__INSTRUCTIONS TO FOLLOW__
Give back only the lines in the records below from the one with "InOrder (insert_tier t us)" to the one with "tiers_of-InOrder link_type n (t", both inclusive, word for word.

Collected data:
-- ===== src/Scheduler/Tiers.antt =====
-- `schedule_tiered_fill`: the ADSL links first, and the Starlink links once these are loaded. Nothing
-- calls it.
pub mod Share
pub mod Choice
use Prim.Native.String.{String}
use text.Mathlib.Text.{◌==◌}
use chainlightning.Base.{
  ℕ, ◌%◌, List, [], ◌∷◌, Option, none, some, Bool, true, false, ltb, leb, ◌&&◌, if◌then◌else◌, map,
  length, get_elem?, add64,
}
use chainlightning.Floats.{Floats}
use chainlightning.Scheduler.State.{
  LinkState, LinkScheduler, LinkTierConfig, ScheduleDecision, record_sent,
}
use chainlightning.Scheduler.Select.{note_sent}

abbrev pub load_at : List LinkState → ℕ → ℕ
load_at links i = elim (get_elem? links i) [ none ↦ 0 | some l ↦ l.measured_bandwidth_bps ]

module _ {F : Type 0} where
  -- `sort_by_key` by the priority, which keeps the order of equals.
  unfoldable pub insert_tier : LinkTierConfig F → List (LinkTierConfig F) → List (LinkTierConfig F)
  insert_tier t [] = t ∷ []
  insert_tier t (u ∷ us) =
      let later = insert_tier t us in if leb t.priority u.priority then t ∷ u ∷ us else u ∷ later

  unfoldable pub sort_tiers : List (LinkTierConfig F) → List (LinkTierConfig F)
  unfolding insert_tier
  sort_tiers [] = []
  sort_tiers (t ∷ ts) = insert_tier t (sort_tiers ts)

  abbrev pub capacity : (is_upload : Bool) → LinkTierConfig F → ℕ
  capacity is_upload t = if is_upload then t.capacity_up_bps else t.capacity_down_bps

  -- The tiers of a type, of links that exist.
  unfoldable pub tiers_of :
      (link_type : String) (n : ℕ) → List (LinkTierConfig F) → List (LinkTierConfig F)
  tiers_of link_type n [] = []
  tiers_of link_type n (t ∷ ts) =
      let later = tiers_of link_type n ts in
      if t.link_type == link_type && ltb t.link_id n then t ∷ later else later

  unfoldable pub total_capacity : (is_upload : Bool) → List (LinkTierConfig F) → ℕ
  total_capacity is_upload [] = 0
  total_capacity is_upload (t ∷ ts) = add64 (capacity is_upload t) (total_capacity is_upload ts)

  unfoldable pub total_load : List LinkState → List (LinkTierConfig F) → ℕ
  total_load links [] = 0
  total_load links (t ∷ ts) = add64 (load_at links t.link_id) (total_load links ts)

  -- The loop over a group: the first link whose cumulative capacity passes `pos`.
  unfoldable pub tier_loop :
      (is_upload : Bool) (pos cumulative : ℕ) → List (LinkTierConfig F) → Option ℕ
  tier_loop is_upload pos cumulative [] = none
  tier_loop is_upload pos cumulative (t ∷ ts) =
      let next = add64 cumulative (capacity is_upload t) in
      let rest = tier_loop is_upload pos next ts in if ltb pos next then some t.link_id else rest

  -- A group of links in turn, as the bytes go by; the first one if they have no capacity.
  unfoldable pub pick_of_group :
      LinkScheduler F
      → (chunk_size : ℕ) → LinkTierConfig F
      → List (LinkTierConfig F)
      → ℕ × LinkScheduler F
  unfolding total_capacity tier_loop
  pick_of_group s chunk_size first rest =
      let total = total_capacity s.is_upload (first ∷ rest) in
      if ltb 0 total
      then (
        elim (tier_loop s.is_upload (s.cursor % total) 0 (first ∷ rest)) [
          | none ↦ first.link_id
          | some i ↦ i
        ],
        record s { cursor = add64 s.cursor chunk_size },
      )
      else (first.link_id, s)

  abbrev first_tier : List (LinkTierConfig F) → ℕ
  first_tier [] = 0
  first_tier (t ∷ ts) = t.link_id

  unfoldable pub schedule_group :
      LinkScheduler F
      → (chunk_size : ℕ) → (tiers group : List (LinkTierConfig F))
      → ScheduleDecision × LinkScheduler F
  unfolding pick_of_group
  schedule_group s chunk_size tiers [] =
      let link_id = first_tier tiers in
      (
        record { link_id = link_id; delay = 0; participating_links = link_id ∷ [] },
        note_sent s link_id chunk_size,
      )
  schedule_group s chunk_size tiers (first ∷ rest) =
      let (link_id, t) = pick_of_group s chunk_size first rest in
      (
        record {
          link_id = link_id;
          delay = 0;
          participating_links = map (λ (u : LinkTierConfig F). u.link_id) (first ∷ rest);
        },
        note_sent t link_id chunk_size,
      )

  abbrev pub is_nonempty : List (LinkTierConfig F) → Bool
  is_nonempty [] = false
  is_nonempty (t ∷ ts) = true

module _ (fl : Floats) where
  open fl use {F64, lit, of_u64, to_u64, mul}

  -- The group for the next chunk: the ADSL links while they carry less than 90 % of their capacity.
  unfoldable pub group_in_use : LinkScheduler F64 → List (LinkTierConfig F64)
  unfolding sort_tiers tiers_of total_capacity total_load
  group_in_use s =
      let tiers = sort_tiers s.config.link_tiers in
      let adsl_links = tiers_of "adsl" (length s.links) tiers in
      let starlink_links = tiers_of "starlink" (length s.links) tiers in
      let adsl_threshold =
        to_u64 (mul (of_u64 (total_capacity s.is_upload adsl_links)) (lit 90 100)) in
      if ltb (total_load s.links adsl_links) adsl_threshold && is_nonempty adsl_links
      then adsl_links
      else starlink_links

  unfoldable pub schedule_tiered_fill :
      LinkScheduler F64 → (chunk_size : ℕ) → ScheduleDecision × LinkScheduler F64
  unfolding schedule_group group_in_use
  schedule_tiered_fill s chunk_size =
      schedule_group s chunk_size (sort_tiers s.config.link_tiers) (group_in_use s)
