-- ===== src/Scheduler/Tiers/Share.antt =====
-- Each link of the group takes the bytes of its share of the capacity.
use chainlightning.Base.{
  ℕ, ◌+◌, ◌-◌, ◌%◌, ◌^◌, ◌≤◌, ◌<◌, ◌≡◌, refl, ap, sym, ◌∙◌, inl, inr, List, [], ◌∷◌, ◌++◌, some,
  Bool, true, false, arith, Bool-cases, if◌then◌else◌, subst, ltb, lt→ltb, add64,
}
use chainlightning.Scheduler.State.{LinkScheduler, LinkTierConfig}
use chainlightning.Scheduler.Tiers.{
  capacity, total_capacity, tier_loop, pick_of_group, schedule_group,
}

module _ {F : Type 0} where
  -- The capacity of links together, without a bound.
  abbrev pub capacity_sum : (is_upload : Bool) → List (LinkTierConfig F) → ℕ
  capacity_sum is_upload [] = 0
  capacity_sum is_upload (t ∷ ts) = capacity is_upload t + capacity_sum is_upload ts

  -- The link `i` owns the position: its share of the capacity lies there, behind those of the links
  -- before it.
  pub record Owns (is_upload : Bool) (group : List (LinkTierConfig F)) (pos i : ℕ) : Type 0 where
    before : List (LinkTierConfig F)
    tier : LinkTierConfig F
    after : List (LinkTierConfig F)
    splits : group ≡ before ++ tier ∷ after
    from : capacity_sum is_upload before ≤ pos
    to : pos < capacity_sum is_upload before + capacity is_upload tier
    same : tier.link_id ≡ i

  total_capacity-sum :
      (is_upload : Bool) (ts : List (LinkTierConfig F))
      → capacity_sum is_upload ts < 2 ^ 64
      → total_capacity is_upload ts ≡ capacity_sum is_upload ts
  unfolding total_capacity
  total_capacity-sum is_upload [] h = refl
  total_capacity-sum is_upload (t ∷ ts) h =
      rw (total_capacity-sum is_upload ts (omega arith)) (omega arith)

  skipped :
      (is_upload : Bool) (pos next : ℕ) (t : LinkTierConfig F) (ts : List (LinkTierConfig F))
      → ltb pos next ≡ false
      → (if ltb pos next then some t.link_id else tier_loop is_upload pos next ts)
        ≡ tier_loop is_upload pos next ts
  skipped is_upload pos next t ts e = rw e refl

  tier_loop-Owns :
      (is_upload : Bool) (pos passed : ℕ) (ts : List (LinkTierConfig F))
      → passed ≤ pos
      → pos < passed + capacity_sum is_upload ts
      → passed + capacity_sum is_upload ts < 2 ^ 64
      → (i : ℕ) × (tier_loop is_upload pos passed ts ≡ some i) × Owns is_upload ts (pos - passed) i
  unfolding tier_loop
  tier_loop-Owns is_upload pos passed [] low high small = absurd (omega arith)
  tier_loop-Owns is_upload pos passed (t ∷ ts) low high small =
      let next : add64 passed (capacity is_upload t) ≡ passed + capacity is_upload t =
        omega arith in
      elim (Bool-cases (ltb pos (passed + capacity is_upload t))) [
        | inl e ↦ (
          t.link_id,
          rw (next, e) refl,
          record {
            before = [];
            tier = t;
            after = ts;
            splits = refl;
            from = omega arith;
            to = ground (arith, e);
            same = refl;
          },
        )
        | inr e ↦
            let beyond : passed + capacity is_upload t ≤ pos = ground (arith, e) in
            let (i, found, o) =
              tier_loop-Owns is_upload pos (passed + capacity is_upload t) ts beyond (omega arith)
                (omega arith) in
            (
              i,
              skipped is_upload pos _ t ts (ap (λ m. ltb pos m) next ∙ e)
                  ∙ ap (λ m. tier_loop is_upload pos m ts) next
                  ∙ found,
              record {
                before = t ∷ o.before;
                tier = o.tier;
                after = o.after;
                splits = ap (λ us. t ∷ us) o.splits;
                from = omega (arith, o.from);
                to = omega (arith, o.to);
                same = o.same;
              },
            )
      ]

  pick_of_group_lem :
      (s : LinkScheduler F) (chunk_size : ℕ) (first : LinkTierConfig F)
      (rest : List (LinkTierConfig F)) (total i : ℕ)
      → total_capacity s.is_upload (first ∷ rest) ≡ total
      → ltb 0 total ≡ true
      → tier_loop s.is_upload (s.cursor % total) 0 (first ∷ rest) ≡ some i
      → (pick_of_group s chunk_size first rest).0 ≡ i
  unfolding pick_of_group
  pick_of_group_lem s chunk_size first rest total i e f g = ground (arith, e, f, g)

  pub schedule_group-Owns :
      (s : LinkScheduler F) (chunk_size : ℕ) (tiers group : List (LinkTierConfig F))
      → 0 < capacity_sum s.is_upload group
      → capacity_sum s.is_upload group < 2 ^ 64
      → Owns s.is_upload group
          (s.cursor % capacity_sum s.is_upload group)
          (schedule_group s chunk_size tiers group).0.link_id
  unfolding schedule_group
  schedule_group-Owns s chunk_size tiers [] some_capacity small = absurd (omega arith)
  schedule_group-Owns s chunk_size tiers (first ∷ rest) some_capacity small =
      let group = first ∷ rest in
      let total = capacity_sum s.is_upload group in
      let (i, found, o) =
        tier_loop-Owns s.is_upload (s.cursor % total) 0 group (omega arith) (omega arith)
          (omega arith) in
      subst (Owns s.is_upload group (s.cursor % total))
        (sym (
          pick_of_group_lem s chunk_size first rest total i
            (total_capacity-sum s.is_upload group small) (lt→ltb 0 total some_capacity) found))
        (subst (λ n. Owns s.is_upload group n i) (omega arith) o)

==

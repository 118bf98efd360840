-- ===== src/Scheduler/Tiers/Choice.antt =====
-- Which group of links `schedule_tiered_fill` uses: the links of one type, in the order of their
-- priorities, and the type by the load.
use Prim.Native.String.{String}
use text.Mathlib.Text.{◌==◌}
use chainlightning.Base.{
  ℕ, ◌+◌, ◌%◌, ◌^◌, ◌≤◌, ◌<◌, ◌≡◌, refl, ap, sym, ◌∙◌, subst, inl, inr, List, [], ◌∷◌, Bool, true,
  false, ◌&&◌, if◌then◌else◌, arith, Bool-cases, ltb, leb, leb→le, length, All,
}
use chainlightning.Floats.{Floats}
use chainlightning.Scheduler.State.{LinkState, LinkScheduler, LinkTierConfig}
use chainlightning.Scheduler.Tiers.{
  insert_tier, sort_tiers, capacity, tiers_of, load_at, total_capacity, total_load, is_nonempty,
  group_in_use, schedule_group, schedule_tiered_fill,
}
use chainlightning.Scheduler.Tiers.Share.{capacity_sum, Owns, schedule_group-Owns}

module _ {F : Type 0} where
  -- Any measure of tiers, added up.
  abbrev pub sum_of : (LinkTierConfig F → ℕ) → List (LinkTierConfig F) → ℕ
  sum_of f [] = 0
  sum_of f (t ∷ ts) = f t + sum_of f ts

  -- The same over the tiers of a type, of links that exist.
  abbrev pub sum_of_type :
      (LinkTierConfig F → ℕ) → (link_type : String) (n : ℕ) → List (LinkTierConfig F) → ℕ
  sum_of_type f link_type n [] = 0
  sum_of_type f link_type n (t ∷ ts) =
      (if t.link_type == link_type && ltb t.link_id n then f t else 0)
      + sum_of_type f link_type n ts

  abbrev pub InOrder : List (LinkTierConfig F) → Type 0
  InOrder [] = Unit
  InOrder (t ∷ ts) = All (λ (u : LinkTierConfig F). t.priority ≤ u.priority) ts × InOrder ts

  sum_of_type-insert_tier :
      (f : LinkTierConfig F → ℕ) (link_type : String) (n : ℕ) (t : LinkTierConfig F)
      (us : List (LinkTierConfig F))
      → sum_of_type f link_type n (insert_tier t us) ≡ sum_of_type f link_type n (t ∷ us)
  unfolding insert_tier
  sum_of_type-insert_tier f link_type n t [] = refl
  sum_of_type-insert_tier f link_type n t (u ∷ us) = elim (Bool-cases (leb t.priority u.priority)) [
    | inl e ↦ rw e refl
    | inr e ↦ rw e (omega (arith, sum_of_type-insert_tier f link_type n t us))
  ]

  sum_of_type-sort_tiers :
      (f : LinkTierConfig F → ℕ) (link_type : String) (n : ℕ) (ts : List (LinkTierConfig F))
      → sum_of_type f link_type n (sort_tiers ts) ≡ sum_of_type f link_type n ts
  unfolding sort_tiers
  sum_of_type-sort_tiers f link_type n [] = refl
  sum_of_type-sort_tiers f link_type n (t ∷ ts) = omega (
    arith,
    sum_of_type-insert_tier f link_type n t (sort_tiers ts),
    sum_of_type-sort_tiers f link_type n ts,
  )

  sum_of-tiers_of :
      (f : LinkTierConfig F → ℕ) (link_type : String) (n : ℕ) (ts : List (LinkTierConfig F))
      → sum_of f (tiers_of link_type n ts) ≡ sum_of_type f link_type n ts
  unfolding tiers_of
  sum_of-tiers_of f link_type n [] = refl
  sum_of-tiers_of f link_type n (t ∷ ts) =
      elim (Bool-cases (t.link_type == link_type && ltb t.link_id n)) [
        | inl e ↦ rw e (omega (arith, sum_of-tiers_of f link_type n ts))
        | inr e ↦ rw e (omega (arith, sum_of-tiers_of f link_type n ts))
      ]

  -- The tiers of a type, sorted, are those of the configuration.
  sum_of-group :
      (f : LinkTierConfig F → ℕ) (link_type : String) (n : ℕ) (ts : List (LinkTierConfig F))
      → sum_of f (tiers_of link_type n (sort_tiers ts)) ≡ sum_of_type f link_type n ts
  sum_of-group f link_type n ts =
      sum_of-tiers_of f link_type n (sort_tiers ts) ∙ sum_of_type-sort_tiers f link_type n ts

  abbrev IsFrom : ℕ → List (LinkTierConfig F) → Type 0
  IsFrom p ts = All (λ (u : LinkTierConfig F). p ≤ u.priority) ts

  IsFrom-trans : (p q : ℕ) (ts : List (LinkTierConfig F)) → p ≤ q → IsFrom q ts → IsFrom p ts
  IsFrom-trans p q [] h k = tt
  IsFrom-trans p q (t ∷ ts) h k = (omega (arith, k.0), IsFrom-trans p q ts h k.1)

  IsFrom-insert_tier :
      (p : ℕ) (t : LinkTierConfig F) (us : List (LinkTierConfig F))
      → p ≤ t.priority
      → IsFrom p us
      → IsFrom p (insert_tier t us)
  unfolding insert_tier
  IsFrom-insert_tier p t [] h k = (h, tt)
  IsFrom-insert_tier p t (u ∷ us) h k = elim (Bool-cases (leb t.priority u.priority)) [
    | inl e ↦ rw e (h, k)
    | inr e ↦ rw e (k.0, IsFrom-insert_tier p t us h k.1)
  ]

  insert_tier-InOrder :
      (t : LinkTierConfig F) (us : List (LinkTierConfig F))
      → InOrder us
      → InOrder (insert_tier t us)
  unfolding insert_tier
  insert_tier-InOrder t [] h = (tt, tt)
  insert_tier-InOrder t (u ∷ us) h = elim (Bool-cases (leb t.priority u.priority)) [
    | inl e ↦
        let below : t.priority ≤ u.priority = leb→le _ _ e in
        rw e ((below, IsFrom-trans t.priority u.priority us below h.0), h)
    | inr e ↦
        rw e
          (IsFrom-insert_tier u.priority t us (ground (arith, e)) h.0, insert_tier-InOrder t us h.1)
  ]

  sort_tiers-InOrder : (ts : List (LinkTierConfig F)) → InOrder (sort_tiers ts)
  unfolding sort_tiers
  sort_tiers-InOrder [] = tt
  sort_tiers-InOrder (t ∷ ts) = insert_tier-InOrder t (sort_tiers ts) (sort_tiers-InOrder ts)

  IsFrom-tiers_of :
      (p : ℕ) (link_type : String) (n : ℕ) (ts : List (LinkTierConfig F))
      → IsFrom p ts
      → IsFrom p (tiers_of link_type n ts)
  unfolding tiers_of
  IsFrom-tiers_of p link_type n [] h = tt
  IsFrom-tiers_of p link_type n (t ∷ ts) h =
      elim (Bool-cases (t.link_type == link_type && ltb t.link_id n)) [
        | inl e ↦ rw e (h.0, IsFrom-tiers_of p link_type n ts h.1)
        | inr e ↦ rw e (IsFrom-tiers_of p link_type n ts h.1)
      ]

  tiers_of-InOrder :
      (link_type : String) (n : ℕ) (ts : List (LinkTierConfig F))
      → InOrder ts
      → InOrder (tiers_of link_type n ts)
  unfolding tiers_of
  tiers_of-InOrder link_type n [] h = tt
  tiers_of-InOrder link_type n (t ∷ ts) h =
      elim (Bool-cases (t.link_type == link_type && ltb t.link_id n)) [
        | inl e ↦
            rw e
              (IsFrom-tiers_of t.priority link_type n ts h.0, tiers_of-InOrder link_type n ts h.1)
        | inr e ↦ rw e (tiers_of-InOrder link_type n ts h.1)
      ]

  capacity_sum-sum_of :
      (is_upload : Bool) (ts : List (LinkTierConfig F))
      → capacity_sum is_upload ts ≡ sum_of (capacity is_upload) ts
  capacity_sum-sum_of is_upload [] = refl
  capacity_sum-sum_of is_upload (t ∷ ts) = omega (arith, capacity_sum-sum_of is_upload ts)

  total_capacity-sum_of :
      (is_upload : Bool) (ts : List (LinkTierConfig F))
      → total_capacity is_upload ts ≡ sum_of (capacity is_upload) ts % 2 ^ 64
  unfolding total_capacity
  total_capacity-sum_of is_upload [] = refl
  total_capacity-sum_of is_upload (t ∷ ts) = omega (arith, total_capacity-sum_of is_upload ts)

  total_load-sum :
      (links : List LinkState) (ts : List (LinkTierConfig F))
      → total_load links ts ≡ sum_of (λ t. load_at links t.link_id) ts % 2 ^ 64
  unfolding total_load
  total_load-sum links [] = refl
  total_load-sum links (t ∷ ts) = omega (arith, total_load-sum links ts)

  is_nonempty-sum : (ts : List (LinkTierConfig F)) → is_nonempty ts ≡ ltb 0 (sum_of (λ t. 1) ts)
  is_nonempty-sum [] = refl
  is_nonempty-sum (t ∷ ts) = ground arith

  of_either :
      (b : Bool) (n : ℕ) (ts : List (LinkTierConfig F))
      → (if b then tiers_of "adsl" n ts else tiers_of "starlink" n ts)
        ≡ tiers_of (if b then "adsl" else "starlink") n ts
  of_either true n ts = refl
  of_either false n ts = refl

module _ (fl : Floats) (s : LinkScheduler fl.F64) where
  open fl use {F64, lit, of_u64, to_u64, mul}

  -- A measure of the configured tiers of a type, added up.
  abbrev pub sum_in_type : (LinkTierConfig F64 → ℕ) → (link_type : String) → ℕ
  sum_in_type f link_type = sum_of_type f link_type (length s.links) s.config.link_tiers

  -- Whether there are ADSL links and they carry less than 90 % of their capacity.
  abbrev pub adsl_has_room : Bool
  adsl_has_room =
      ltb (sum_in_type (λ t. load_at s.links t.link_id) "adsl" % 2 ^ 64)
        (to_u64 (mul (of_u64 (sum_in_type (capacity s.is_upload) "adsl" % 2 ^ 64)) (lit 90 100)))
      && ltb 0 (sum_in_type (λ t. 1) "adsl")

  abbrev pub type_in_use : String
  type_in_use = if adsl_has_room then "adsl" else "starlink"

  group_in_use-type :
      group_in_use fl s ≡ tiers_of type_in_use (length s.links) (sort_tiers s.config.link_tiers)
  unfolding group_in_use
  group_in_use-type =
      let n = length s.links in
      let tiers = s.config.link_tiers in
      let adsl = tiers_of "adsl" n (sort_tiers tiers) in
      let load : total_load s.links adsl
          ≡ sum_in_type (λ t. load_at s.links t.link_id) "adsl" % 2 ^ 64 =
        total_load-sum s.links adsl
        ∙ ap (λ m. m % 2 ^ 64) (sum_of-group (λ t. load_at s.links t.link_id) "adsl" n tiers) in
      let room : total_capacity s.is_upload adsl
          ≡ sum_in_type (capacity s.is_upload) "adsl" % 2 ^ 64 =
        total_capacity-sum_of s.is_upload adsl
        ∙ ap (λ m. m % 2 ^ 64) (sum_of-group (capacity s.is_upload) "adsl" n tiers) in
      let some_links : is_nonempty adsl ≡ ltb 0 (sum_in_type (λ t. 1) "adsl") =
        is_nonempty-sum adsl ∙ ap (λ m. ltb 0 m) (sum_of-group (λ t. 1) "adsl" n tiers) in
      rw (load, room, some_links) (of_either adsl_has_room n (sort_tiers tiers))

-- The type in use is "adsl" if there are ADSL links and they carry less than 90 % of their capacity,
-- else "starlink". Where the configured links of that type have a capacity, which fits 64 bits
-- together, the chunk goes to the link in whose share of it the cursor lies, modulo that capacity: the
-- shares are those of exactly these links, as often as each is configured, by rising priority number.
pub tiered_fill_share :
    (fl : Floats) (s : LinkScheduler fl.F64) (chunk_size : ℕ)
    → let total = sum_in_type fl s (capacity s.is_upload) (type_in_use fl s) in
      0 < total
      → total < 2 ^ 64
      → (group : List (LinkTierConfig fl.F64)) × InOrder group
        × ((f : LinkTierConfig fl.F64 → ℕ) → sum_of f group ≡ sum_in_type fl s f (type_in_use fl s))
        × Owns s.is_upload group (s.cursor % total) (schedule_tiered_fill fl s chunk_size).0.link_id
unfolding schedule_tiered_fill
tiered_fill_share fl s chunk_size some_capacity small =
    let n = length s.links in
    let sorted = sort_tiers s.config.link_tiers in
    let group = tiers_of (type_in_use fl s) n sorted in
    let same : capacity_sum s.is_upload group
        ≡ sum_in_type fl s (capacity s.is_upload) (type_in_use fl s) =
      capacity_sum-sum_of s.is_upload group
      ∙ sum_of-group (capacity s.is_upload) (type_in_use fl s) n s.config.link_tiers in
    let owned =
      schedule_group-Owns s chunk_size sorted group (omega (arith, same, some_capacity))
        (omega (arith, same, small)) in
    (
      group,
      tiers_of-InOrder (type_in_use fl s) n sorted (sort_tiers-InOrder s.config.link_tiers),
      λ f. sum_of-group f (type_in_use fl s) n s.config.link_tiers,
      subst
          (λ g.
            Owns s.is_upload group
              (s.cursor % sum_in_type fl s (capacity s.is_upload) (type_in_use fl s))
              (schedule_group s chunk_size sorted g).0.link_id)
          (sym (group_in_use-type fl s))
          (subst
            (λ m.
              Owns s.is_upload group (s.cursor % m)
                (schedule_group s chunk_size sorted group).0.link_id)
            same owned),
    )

__RESULT BELOW__
      → InOrder (insert_tier t us)
  unfolding insert_tier
  insert_tier-InOrder t [] h = (tt, tt)
  insert_tier-InOrder t (u ∷ us) h = elim (Bool-cases (leb t.priority u.priority)) [
    | inl e ↦
        let below : t.priority ≤ u.priority = leb→le _ _ e in
        rw e ((below, IsFrom-trans t.priority u.priority us below h.0), h)
    | inr e ↦
        rw e
          (IsFrom-insert_tier u.priority t us (ground (arith, e)) h.0, insert_tier-InOrder t us h.1)
  ]

  sort_tiers-InOrder : (ts : List (LinkTierConfig F)) → InOrder (sort_tiers ts)
  unfolding sort_tiers
  sort_tiers-InOrder [] = tt
  sort_tiers-InOrder (t ∷ ts) = insert_tier-InOrder t (sort_tiers ts) (sort_tiers-InOrder ts)

  IsFrom-tiers_of :
      (p : ℕ) (link_type : String) (n : ℕ) (ts : List (LinkTierConfig F))
      → IsFrom p ts
      → IsFrom p (tiers_of link_type n ts)
  unfolding tiers_of
  IsFrom-tiers_of p link_type n [] h = tt
  IsFrom-tiers_of p link_type n (t ∷ ts) h =
      elim (Bool-cases (t.link_type == link_type && ltb t.link_id n)) [
        | inl e ↦ rw e (h.0, IsFrom-tiers_of p link_type n ts h.1)
        | inr e ↦ rw e (IsFrom-tiers_of p link_type n ts h.1)
      ]

  tiers_of-InOrder :
      (link_type : String) (n : ℕ) (ts : List (LinkTierConfig F))
      → InOrder ts
      → InOrder (tiers_of link_type n ts)
  unfolding tiers_of
  tiers_of-InOrder link_type n [] h = tt
  tiers_of-InOrder link_type n (t ∷ ts) h =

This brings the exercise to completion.